Welcome to you and Chauncey.....she is beautiful!!!

I agree that Goldens are amazing beings......that's why I have 3 of them!!!!


----------



## chris dant (Mar 11, 2011)

how adorable. i would love more!! I dont think my wife would like that...We live in Vermont and she had her first big big winter...but we're moving to california again...she'll love it out there...lots of good weather!


----------



## Blondie (Oct 10, 2009)

Good luck moving to California. Maggie loves the snow here in New England.


----------



## Penny & Maggie's Mom (Oct 4, 2007)

Welcome. Your Chauncey is a gorgeous young lady. Enjoy your time here.


----------



## Karen519 (Aug 21, 2006)

*Chauncey*

Your Chauncey is gorgeous and precious!!!


----------



## Oaklys Dad (Dec 28, 2005)

Welcome to the forum.
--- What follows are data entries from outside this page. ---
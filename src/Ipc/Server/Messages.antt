-- ===== src/Ipc/Server/Messages.antt =====
-- What one message does to the server.
use audioctl.Base.{
  ◌∙◌, refl, ap, ◌^◌, ◌<◌, drop, add32, ℕ, ◌≡◌, sym, inl, inr, Bool, true, not, ◌&&◌, Option, none,
  some, List, [], ◌∷◌, length, ◌==◌, if◌then◌else◌, Option-cases, Bool-cases, if_either, arith,
}
use mathlib.Core.Path.{subst}
use audioctl.Base.Bytes.{Bytes, encode_le, decode_le}
use audioctl.Ipc.Protocol.{
  Header, header_size, encode_header, decode_header, ipc_validate_header, ipc_init_header,
  response_size, encode_response,
}
use audioctl.Ipc.Protocol.Roundtrip.{decode-encode_header}
use audioctl.Ipc.Protocol.Command
use audioctl.Ipc.Protocol.IpcStatus
use audioctl.Ipc.Registry.{ServerContext}
use audioctl.Ipc.Registry.Invariant.{
  IsValid, register-IsValid, unregister-IsValid, set_volume-IsValid, set_mute-IsValid,
}
use audioctl.Ipc.Server.Status.{wanted_status, IsStatus, dispatch-IsStatus, wanted_small}
use audioctl.Ipc.Server.Reply.{Effect, send_bytes, Memory, reply_bytes, send_response}
use audioctl.Ipc.Server.Dispatch.{
  Outcome, plain, has_payload, dispatch, handle_register, handle_unregister, handle_get_volume,
  handle_set_volume, handle_set_mute, handle_list_clients,
}
use audioctl.Ipc.Server.{
  Server, Message, came, drop_client, answer_message, read_payload, read_message,
  handle_client_message,
}

-- What holds of every command's outcome holds of the `switch`.
dispatch_each {κ} :
    (P : Outcome → Type κ) (ctx : ServerContext) (mem : Memory) (now : ℕ) (header : Header)
    (payload : Option Bytes)
    → P (handle_register ctx mem now header payload)
    → P (handle_unregister ctx header payload)
    → P (handle_get_volume ctx header payload)
    → P (handle_set_volume ctx header payload)
    → P (handle_set_mute ctx header payload)
    → P (handle_list_clients ctx mem)
    → ((status : ℕ) → P (plain ctx status))
    → P (dispatch ctx mem now header payload)
unfolding dispatch
dispatch_each P ctx mem now header payload register unregister get_volume set_volume set_mute
      listing other =
    if_either P (header.command == Command.register) _ _ register (
      if_either P (header.command == Command.unregister) _ _ unregister (
        if_either P (header.command == Command.get_volume) _ _ get_volume (
          if_either P (header.command == Command.set_volume) _ _ set_volume (
            if_either P (header.command == Command.set_mute) _ _ set_mute (
              if_either P (header.command == Command.ping) _ _ (other IpcStatus.ok) (
                if_either P (header.command == Command.list_clients) _ _ listing
                  (other IpcStatus.unknown_command)))))))

register_handler-IsValid :
    (ctx : ServerContext) (mem : Memory) (now : ℕ) (header : Header) (payload : Option Bytes)
    → IsValid ctx
    → IsValid (handle_register ctx mem now header payload).ctx
unfolding handle_register
register_handler-IsValid ctx mem now header payload v =
    if_either (λ (o : Outcome). IsValid o.ctx) (has_payload 9 header payload) _ _
      (register-IsValid ctx _ _ _ _ now mem.entry v) v

unregister_handler-IsValid :
    (ctx : ServerContext) (header : Header) (payload : Option Bytes)
    → IsValid ctx
    → IsValid (handle_unregister ctx header payload).ctx
unfolding handle_unregister
unregister_handler-IsValid ctx header payload v =
    if_either (λ (o : Outcome). IsValid o.ctx) (has_payload 4 header payload) _ _
      (unregister-IsValid ctx _ v) v

set_volume_handler-IsValid :
    (ctx : ServerContext) (header : Header) (payload : Option Bytes)
    → IsValid ctx
    → IsValid (handle_set_volume ctx header payload).ctx
unfolding handle_set_volume
set_volume_handler-IsValid ctx header payload v =
    if_either (λ (o : Outcome). IsValid o.ctx) (has_payload 8 header payload) _ _
      (set_volume-IsValid ctx _ _ v) v

set_mute_handler-IsValid :
    (ctx : ServerContext) (header : Header) (payload : Option Bytes)
    → IsValid ctx
    → IsValid (handle_set_mute ctx header payload).ctx
unfolding handle_set_mute
set_mute_handler-IsValid ctx header payload v =
    if_either (λ (o : Outcome). IsValid o.ctx) (has_payload 5 header payload) _ _
      (set_mute-IsValid ctx _ _ v) v

-- The two commands that only read.
get_volume_handler_ctx :
    (ctx : ServerContext) (header : Header) (payload : Option Bytes)
    → (handle_get_volume ctx header payload).ctx ≡ ctx
unfolding handle_get_volume
get_volume_handler_ctx ctx header payload = ground arith

list_handler_ctx : (ctx : ServerContext) (mem : Memory) → (handle_list_clients ctx mem).ctx ≡ ctx
unfolding handle_list_clients
list_handler_ctx ctx mem = ground arith

pub dispatch-IsValid :
    (ctx : ServerContext) (mem : Memory) (now : ℕ) (header : Header) (payload : Option Bytes)
    → IsValid ctx
    → IsValid (dispatch ctx mem now header payload).ctx
dispatch-IsValid ctx mem now header payload v =
    dispatch_each (λ (o : Outcome). IsValid o.ctx) ctx mem now header payload
      (register_handler-IsValid ctx mem now header payload v)
      (unregister_handler-IsValid ctx header payload v)
      (subst IsValid (sym (get_volume_handler_ctx ctx header payload)) v)
      (set_volume_handler-IsValid ctx header payload v)
      (set_mute_handler-IsValid ctx header payload v)
      (subst IsValid (sym (list_handler_ctx ctx mem)) v) (λ status. v)

-- No message breaks the registry, whatever bytes it is made of and whichever allocation fails.
pub handle_client_message-IsValid :
    (s : Server) (mem : Memory) (now fd : ℕ) (message : Message)
    → IsValid s.ctx
    → IsValid (handle_client_message s mem now fd message).0.ctx
unfolding handle_client_message read_message drop_client read_payload answer_message
handle_client_message-IsValid s mem now fd message v = elim (Option-cases message.header_bytes) [
  | inl closed ↦ ground arith
  | inr (bytes, e) ↦ ground (
    arith,
    dispatch-IsValid s.ctx mem now (decode_header bytes) none v,
    dispatch-IsValid s.ctx mem now (decode_header bytes) message.payload v,
  )
]

-- One message, and nothing else, to the sender: a response of this version with this request id,
-- and with the wanted status, if there is one, at the start of its payload.
pub record IsReply (fd id : ℕ) (wanted : Option ℕ) (effects : List Effect) : Type 0 where
  pub bytes : Bytes
  pub sent : effects ≡ send_bytes fd bytes ∷ []
  pub magic : (decode_header bytes).magic ≡ 0x4149_5043
  pub version : (decode_header bytes).version ≡ 1
  pub command : (decode_header bytes).command ≡ Command.response
  pub request_id : (decode_header bytes).request_id ≡ id
  pub status : IsStatus wanted (decode_le 4 (drop header_size bytes))

reply_header_read :
    (mem : Memory) (id status : ℕ) (response_data : Option Bytes) (data_len : ℕ)
    → id < 2 ^ 32
    → decode_header (reply_bytes mem id status response_data data_len)
      ≡ ipc_init_header Command.response (add32 response_size data_len) id
unfolding reply_bytes ipc_init_header
reply_header_read mem id status response_data data_len small =
    decode-encode_header (ipc_init_header Command.response (add32 response_size data_len) id) _
      (record {
        magic = ground arith;
        version = ground arith;
        command = ground arith;
        payload_len = ground arith;
        request_id = ground (arith, small);
      })

reply_status_read :
    (mem : Memory) (id status : ℕ) (response_data : Option Bytes) (data_len : ℕ)
    → status < 2 ^ 32
    → decode_le 4 (drop header_size (reply_bytes mem id status response_data data_len)) ≡ status
unfolding reply_bytes encode_header encode_response encode_le decode_le
reply_status_read mem id status response_data data_len small = omega (arith, small)

send_response-IsReply :
    (mem : Memory) (fd id status : ℕ) (response_data : Option Bytes) (data_len : ℕ)
    (wanted : Option ℕ)
    → mem.reply ≡ true
    → id < 2 ^ 32
    → IsStatus wanted status
    → ((n : ℕ) → wanted ≡ some n → n < 2 ^ 32)
    → IsReply fd id wanted (send_response mem fd id status response_data data_len)
unfolding send_response ipc_init_header
send_response-IsReply mem fd id status response_data data_len wanted r small told fits =
    let read = reply_header_read mem id status response_data data_len small in
    record {
      bytes = reply_bytes mem id status response_data data_len;
      sent = rw r;
      magic = ap (λ h. h.magic) read;
      version = ap (λ h. h.version) read;
      command = ap (λ h. h.command) read;
      request_id = ap (λ h. h.request_id) read;
      status = elim told [
        | inl any ↦ inl any
        | inr same ↦ inr (
            same
            ∙ ap some
                (sym (reply_status_read mem id status response_data data_len (fits status same))))
      ];
    }

-- The status behind the reading of the payload: it may not come whole, or find no memory.
abbrev pub payload_status : Server → Memory → Header → Option Bytes → Option ℕ
payload_status s mem header payload =
    if header.payload_len == 0
    then wanted_status s.ctx mem header none
    else if not mem.payload
    then some IpcStatus.internal_error
    else if came payload header.payload_len
    then wanted_status s.ctx mem header payload
    else some IpcStatus.payload_too_large

answer-IsReply :
    (s : Server) (mem : Memory) (now fd : ℕ) (header : Header) (payload : Option Bytes)
    → mem.reply ≡ true
    → header.request_id < 2 ^ 32
    → IsReply fd header.request_id
        (wanted_status s.ctx mem header payload)
        (answer_message s mem now fd header payload).1
unfolding answer_message
answer-IsReply s mem now fd header payload r small =
    let o = dispatch s.ctx mem now header payload in
    send_response-IsReply mem fd header.request_id o.status o.response_data o.response_len _ r small
      (dispatch-IsStatus s.ctx mem now header payload) (wanted_small s.ctx mem header payload)

fixed-IsReply :
    (mem : Memory) (fd id status : ℕ)
    → mem.reply ≡ true
    → id < 2 ^ 32
    → status < 2 ^ 32
    → IsReply fd id (some status) (send_response mem fd id status none 0)
fixed-IsReply mem fd id status r small fits =
    send_response-IsReply mem fd id status none 0 (some status) r small (inr refl)
      (λ n e. ground (arith, e, fits))

read_payload-IsReply :
    (s : Server) (mem : Memory) (now fd : ℕ) (header : Header) (payload : Option Bytes)
    → mem.reply ≡ true
    → header.request_id < 2 ^ 32
    → IsReply fd header.request_id
        (payload_status s mem header payload)
        (read_payload s mem now fd header payload).1
unfolding read_payload
read_payload-IsReply s mem now fd header payload r small =
    elim (Bool-cases (header.payload_len == 0)) [
      | inl bare ↦ rw bare (answer-IsReply s mem now fd header none r small)
      | inr behind ↦ elim (Bool-cases (not mem.payload)) [
        | inl full ↦
            rw (behind, full)
              (fixed-IsReply mem fd header.request_id IpcStatus.internal_error r small
                (omega arith))
        | inr room ↦ elim (Bool-cases (came payload header.payload_len)) [
          | inl whole ↦
              rw (behind, room, whole) (answer-IsReply s mem now fd header payload r small)
          | inr short ↦
              rw (behind, room, short)
                (fixed-IsReply mem fd header.request_id IpcStatus.payload_too_large r small
                  (omega arith))
        ]
      ]
    ]

-- A header of the right size with the right fields.
abbrev pub is_well_formed : Bytes → Bool
is_well_formed bytes = length bytes == header_size && ipc_validate_header (decode_header bytes)

-- The status of the reply to a message.
abbrev pub message_status : Server → Memory → Bytes → Option Bytes → Option ℕ
message_status s mem bytes payload =
    if is_well_formed bytes
    then payload_status s mem (decode_header bytes) payload
    else some IpcStatus.invalid_header

read_message-IsReply :
    (s : Server) (mem : Memory) (now fd : ℕ) (bytes : Bytes) (payload : Option Bytes)
    → mem.reply ≡ true
    → (decode_header bytes).request_id < 2 ^ 32
    → IsReply fd
        (if is_well_formed bytes then (decode_header bytes).request_id else 0)
        (message_status s mem bytes payload)
        (read_message s mem now fd bytes payload).1
unfolding read_message
read_message-IsReply s mem now fd bytes payload r small =
    let refused = fixed-IsReply mem fd 0 IpcStatus.invalid_header r (omega arith) (omega arith) in
    elim (Bool-cases (length bytes == header_size)) [
      | inl sized ↦ elim (Bool-cases (ipc_validate_header (decode_header bytes))) [
        | inl valid ↦
            rw (sized, valid)
              (read_payload-IsReply s mem now fd (decode_header bytes) payload r small)
        | inr bad ↦ rw (sized, bad) refused
      ]
      | inr short ↦ rw short refused
    ]

-- Every message that is not the end of its connection is answered by exactly one message, to its
-- sender, if that can be allocated: a response whose header, as it is read back from its bytes, has
-- the magic number, the version, and the request id of the message if its header is well-formed,
-- and else the id 0. Its status is that of an invalid header; or says that the payload found no
-- memory or did not come whole; or that the command is unknown or its payload too short; or, for
-- each command but the listing, whether the process of the payload is registered (and for a
-- registration whether there is no memory). The id fits its four bytes.
pub handle_client_message_replies :
    (s : Server) (mem : Memory) (now fd : ℕ) (message : Message) (bytes : Bytes)
    → message.header_bytes ≡ some bytes
    → mem.reply ≡ true
    → (decode_header bytes).request_id < 2 ^ 32
    → IsReply fd
        (if is_well_formed bytes then (decode_header bytes).request_id else 0)
        (message_status s mem bytes message.payload)
        (handle_client_message s mem now fd message).1
unfolding handle_client_message
handle_client_message_replies s mem now fd message bytes e r small =
    subst
      (λ (out : Server × List Effect).
        IsReply fd (if is_well_formed bytes then (decode_header bytes).request_id else 0)
          (message_status s mem bytes message.payload) out.1)
      (sym step) (read_message-IsReply s mem now fd bytes message.payload r small)
  where
    step :
        handle_client_message s mem now fd message ≡ read_message s mem now fd bytes message.payload
    step = ground arith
Please make yourself at home here and keep the pictures of your beautiful and clever girl coming.


----------



## chris dant (Mar 11, 2011)

Well..we have 3 acres, and our puppy couldnt enjoy any of it this winter because of the deep snows, ice, etc...she tore off a nail. I know goldens love snow, but she'll do much better out west where she can run and play 12 months of the year. We cant take these horrible winters in NE.


----------



## Hallowell12 (Feb 6, 2011)

*Chauncy*

Chauncy is a beauty. We are on a wait list for a girl from Kilohana..I'm so excited.
A bit nervous though..what if there are no girls.
Which dogs are Chauncy's parents?
Susan


----------



## cprcheetah (Apr 26, 2009)

Welcome! She is BEAUTIFUL!


----------